Data records Start Marker
-- ===== src/Service/Setup.antt =====
-- internal/service/service.go: `initialSetup`, which starts the node service from the first snapshot
-- of the panel, with the mailbox that a machine gives it. What the control plane fetches is an
-- argument, and so are the checks, as in Pull. A revision that is not positive is the number 0.
pub mod Life
pub mod Outcome
use cpanelde.Prelude.{
  ℕ, zero, suc, Bool, true, false, not, ◌||◌, ◌&&◌, List, [], ◌∷◌, ◌++◌, if◌then◌else◌, Text,
  Option, none, some, ◌==◌, nat_eq, text_eq, codes, is_some,
}
use cpanelde.Prelude.Int.{ℤ, pos, negsuc}
use cpanelde.Model.Types.{NodeSpec, UserSpec}
use cpanelde.ControlPlane.Mailbox.{NodeMailbox, mark_ready, seed_baseline, drain_if_ready}
use cpanelde.Limiter.Users.{new_limiter}
use cpanelde.Limiter.Speed.{new_speed_tracker}
use cpanelde.Service.{Kernel, Service, report_application, no_users, message}
use cpanelde.Service.Users.{prepare_user_state, confirm_application, start_kernel}
use cpanelde.Service.Events.{apply_mailbox_state}

-- `push` is whether there is a client for events.
pub record Bootstrap : Type 0 where
  pub revision : ℕ
  pub push_interval : ℤ
  pub pull_interval : ℤ
  pub push : Bool
  pub config : Option NodeSpec
  pub users : List UserSpec
  pub mailbox : Option NodeMailbox

-- What the setup leaves: the service, its mailbox and an error or none.
pub record Setup (K : Type 0) : Type 0 where
  pub service : Service K
  pub mailbox : Option NodeMailbox
  pub error : Option Text

unfoldable pub new_service : {K : Type 0} → K → Service K
new_service kernel = record {
  kernel = kernel;
  limiter = new_limiter;
  speed = new_speed_tracker;
  last_config = none;
  last_config_hash = [];
  last_users = [];
  last_user_hash = [];
  last_kernel_error = none;
  applied_config = none;
  applied_users = [];
  desired_revision = 0;
  applied_revision = 0;
  reconcile_needed = false;
  resync_pending = false;
  pulls = 0;
  reports = [];
}

abbrev pub chosen : ℤ → ℤ → ℤ
chosen (pos zero) (pos n) = pos n
chosen (pos zero) (negsuc n) = pos 0
chosen (pos (suc n)) given = pos (suc n)
chosen (negsuc n) given = negsuc n

abbrev pub defaulted : ℤ → ℤ
defaulted (pos zero) = pos 60
defaulted (pos (suc n)) = pos (suc n)
defaulted (negsuc n) = negsuc n

-- The interval of a ticker in seconds, from the file's and from what the panel gives.
unfoldable pub interval : ℤ → ℤ → ℤ
interval configured given = defaulted (chosen configured given)

module _ {K : Type 0} (k : Kernel K) (digest : Text → Text) (config_hash : NodeSpec → Text)
    (validate overrides : NodeSpec → Option Text) where
  unfoldable pub drain_machine_mailbox :
      Service K → Option NodeMailbox → Service K × Option NodeMailbox
  unfolding apply_mailbox_state
  drain_machine_mailbox s none = (s, none)
  drain_machine_mailbox s (some m) =
      let (m', state) = drain_if_ready m in
      (apply_mailbox_state k digest config_hash validate overrides s state, some m')

  unfoldable pub mark_mailbox_ready_and_drain :
      Service K → Option NodeMailbox → Service K × Option NodeMailbox
  unfolding drain_machine_mailbox
  mark_mailbox_ready_and_drain s none = (s, none)
  mark_mailbox_ready_and_drain s (some m) =
      drain_machine_mailbox s
        (some (mark_ready (seed_baseline m (some s.last_users) s.last_config)))

  abbrev pub set_up : Service K → Option NodeMailbox → Setup K
  set_up s mailbox =
      let (t, m) = mark_mailbox_ready_and_drain s mailbox in
      record { service = t; mailbox = m; error = none }

  abbrev pub setup_failed : Service K → Option NodeMailbox → Text → Text → Text → Setup K
  setup_failed s mailbox stage e shown = record {
    service = report_application s (codes "failed") stage (some e);
    mailbox = mailbox;
    error = some shown;
  }

  -- The snapshot becomes the current one.
  abbrev pub with_snapshot : Service K → NodeSpec → List UserSpec → Service K
  with_snapshot s c users =
      prepare_user_state digest
        (record s { last_config = some c; last_config_hash = config_hash c }) users

  abbrev pub kernel_started : Service K × Bool → Option NodeMailbox → Setup K
  kernel_started (s, true) mailbox = set_up (confirm_application k digest overrides s) mailbox
  kernel_started (s, false) mailbox =
      setup_failed s mailbox (codes "kernel") (message s.last_kernel_error)
        (codes "start kernel: " ++ message s.last_kernel_error)

  -- The start, unless the certificate failed.
  abbrev pub certified :
      Service K → NodeSpec → List UserSpec → Option NodeMailbox → Option Text → Setup K
  certified s c users mailbox (some e) = setup_failed s mailbox (codes "certificate") e e
  certified s c users mailbox none =
      kernel_started (start_kernel k digest overrides s (some c) users) mailbox

  -- Without users the kernel is not started.
  abbrev pub populated : Service K → NodeSpec → List UserSpec → Option NodeMailbox → Setup K
  populated s c [] mailbox = set_up (record s { reconcile_needed = true }) mailbox
  populated s c (u ∷ us) mailbox = certified s c (u ∷ us) mailbox (overrides c)

  abbrev pub validated :
      Service K → NodeSpec → List UserSpec → Option NodeMailbox → Option Text → Setup K
  validated s c users mailbox (some e) = setup_failed s mailbox (codes "validate") e e
  validated s c users mailbox none = populated (with_snapshot s c users) c users mailbox

  abbrev pub from_config : Service K → Bootstrap → Option NodeSpec → Setup K
  from_config s b none = record {
    service = s;
    mailbox = b.mailbox;
    error = if b.push then none else some (codes "initial config is nil");
  }
  from_config s b (some c) =
      validated (record s { desired_revision = b.revision }) c b.users b.mailbox (validate c)

  unfoldable pub initial_setup : Service K → Bootstrap → Setup K
  unfolding mark_mailbox_ready_and_drain prepare_user_state confirm_application start_kernel
      report_application
  initial_setup s b = from_config s b b.config
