-- ===== src/Service/Setup/Life.antt =====
-- The life of a node service: its setup, then what the loop of `Run` handles, in any order.
use cpanelde.Prelude.{refl, Bool, true, false, List, [], ◌∷◌, Text, Option, none, some, codes}
use cpanelde.Model.Types.{NodeSpec, UserSpec}
use cpanelde.ControlPlane.Mailbox.{NodeMailbox, Event, mark_ready, seed_baseline, drain_if_ready}
use cpanelde.Limiter.Users.{users_by_id, new_limiter}
use cpanelde.Service.{Kernel, Service, message}
use cpanelde.Service.Users.{confirm_application, start_kernel}
use cpanelde.Service.Pull.{PullResult, apply_pull_result}
use cpanelde.Service.Events.{handle_ws_event, handle_ws_status, pull_failed}
use cpanelde.Service.Users.Sync.{
  InSync, prepare-InSync, report-InSync, confirm-InSync, started-InSync,
}
use cpanelde.Service.Pull.Sync.{pull-InSync}
use cpanelde.Service.Events.Sync.{event-InSync, mailbox-InSync, status-InSync}
use cpanelde.Service.Setup.{
  Bootstrap, new_service, initial_setup, from_config, validated, populated, certified,
  kernel_started, set_up, with_snapshot, mark_mailbox_ready_and_drain, drain_machine_mailbox,
}

module _ {K : Type 0} (k : Kernel K) (digest : Text → Text) (config_hash : NodeSpec → Text)
    (validate overrides : NodeSpec → Option Text) where
  -- The states that a service reaches. The kernel may change by itself at any time.
  pub data Life : Service K → Type 0 where
    created : (kernel : K) → Life (new_service kernel)
    sets_up :
        {s : Service K} (b : Bootstrap)
        → Life s
        → Life (initial_setup k digest config_hash validate overrides s b).service
    handles :
        {s : Service K} (e : Event)
        → Life s
        → Life (handle_ws_event k digest config_hash validate overrides s e)
    polls :
        {s : Service K} (r : PullResult)
        → Life s
        → Life (apply_pull_result k digest config_hash validate overrides s r)
    fails_poll :
        {s : Service K} → Life s → Life (pull_failed k digest config_hash validate overrides s)
    drains :
        {s : Service K} (m : NodeMailbox)
        → Life s
        → Life (drain_machine_mailbox k digest config_hash validate overrides s (some m)).0
    switches :
        {s : Service K} (connected needs_resync : Bool)
        → Life s
        → Life (handle_ws_status k digest config_hash validate overrides s connected needs_resync)
    runs : {s : Service K} (kernel : K) → Life s → Life (record s { kernel = kernel })

  drained-InSync :
      (s : Service K) (m : Option NodeMailbox)
      → InSync s
      → InSync (drain_machine_mailbox k digest config_hash validate overrides s m).0
  unfolding drain_machine_mailbox
  drained-InSync s none i = i
  drained-InSync s (some m) i =
      mailbox-InSync k digest config_hash validate overrides s (drain_if_ready m).1 i

  set_up-InSync :
      (s : Service K) (m : Option NodeMailbox)
      → InSync s
      → InSync (set_up k digest config_hash validate overrides s m).service
  unfolding mark_mailbox_ready_and_drain
  set_up-InSync s none i = i
  set_up-InSync s (some m) i =
      drained-InSync s (some (mark_ready (seed_baseline m (some s.last_users) s.last_config))) i

  kernel_started-InSync :
      (o : Service K × Bool) (m : Option NodeMailbox)
      → InSync o.0
      → InSync (kernel_started k digest config_hash validate overrides o m).service
  kernel_started-InSync (s, true) m i =
      set_up-InSync (confirm_application k digest overrides s) m
        (confirm-InSync k digest overrides s i)
  kernel_started-InSync (s, false) m i =
      report-InSync s (codes "failed") (codes "kernel") (some (message s.last_kernel_error)) i

  certified-InSync :
      (s : Service K) (c : NodeSpec) (us : List UserSpec) (m : Option NodeMailbox) (e : Option Text)
      → InSync s
      → InSync (certified k digest config_hash validate overrides s c us m e).service
  unfolding start_kernel
  certified-InSync s c us m (some e) i =
      report-InSync s (codes "failed") (codes "certificate") (some e) i
  certified-InSync s c us m none i =
      kernel_started-InSync (start_kernel k digest overrides s (some c) us) m
        (started-InSync k digest overrides s (some c) us (k.start s.kernel (some c) us) i)

  populated-InSync :
      (s : Service K) (c : NodeSpec) (us : List UserSpec) (m : Option NodeMailbox)
      → InSync s
      → InSync (populated k digest config_hash validate overrides s c us m).service
  populated-InSync s c [] m i = set_up-InSync (record s { reconcile_needed = true }) m i
  populated-InSync s c (u ∷ us) m i = certified-InSync s c (u ∷ us) m (overrides c) i

  validated-InSync :
      (s : Service K) (c : NodeSpec) (us : List UserSpec) (m : Option NodeMailbox) (e : Option Text)
      → InSync s
      → InSync (validated k digest config_hash validate overrides s c us m e).service
  validated-InSync s c us m (some e) i =
      report-InSync s (codes "failed") (codes "validate") (some e) i
  validated-InSync s c us m none i =
      populated-InSync (with_snapshot k digest config_hash validate overrides s c us) c us m (
        prepare-InSync digest (record s { last_config = some c; last_config_hash = config_hash c })
          us)

  from_config-InSync :
      (s : Service K) (b : Bootstrap) (c : Option NodeSpec)
      → InSync s
      → InSync (from_config k digest config_hash validate overrides s b c).service
  from_config-InSync s b none i = i
  from_config-InSync s b (some c) i =
      validated-InSync (record s { desired_revision = b.revision }) c b.users b.mailbox (validate c)
        i

  -- Whatever the service is set up with and whatever it handles then, in any order and whichever
  -- call of the kernel fails, the limiter's table of users has exactly the users that the
  -- service holds.
  pub Life-InSync : {s : Service K} → Life s → InSync s
  unfolding new_service new_limiter users_by_id initial_setup pull_failed
  Life-InSync (created kernel) = refl
  Life-InSync (sets_up {s} b l) = from_config-InSync s b b.config (Life-InSync l)
  Life-InSync (handles {s} e l) =
      event-InSync k digest config_hash validate overrides s e (Life-InSync l)
  Life-InSync (polls {s} r l) =
      pull-InSync k digest config_hash validate overrides s r (Life-InSync l)
  Life-InSync (fails_poll {s} l) = Life-InSync l
  Life-InSync (drains {s} m l) = drained-InSync s (some m) (Life-InSync l)
  Life-InSync (switches {s} connected needs_resync l) =
      status-InSync k digest config_hash validate overrides s connected needs_resync (Life-InSync l)
  Life-InSync (runs {s} kernel l) = Life-InSync l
Data records End Marker
## What needs to be done
Copy out the listing above, line by line and exactly, from its first line to the line holding "speed = new_speed_tracker;", inclusive.

## Result for this exercise
-- ===== src/Service/Setup.antt =====
-- internal/service/service.go: `initialSetup`, which starts the node service from the first snapshot
-- of the panel, with the mailbox that a machine gives it. What the control plane fetches is an
-- argument, and so are the checks, as in Pull. A revision that is not positive is the number 0.
pub mod Life
pub mod Outcome
use cpanelde.Prelude.{
  ℕ, zero, suc, Bool, true, false, not, ◌||◌, ◌&&◌, List, [], ◌∷◌, ◌++◌, if◌then◌else◌, Text,
  Option, none, some, ◌==◌, nat_eq, text_eq, codes, is_some,
}
use cpanelde.Prelude.Int.{ℤ, pos, negsuc}
use cpanelde.Model.Types.{NodeSpec, UserSpec}
use cpanelde.ControlPlane.Mailbox.{NodeMailbox, mark_ready, seed_baseline, drain_if_ready}
use cpanelde.Limiter.Users.{new_limiter}
use cpanelde.Limiter.Speed.{new_speed_tracker}
use cpanelde.Service.{Kernel, Service, report_application, no_users, message}
use cpanelde.Service.Users.{prepare_user_state, confirm_application, start_kernel}
use cpanelde.Service.Events.{apply_mailbox_state}

-- `push` is whether there is a client for events.
pub record Bootstrap : Type 0 where
  pub revision : ℕ
  pub push_interval : ℤ
  pub pull_interval : ℤ
  pub push : Bool
  pub config : Option NodeSpec
  pub users : List UserSpec
  pub mailbox : Option NodeMailbox

-- What the setup leaves: the service, its mailbox and an error or none.
pub record Setup (K : Type 0) : Type 0 where
  pub service : Service K
  pub mailbox : Option NodeMailbox
  pub error : Option Text

unfoldable pub new_service : {K : Type 0} → K → Service K
new_service kernel = record {
  kernel = kernel;
  limiter = new_limiter;
  speed = new_speed_tracker;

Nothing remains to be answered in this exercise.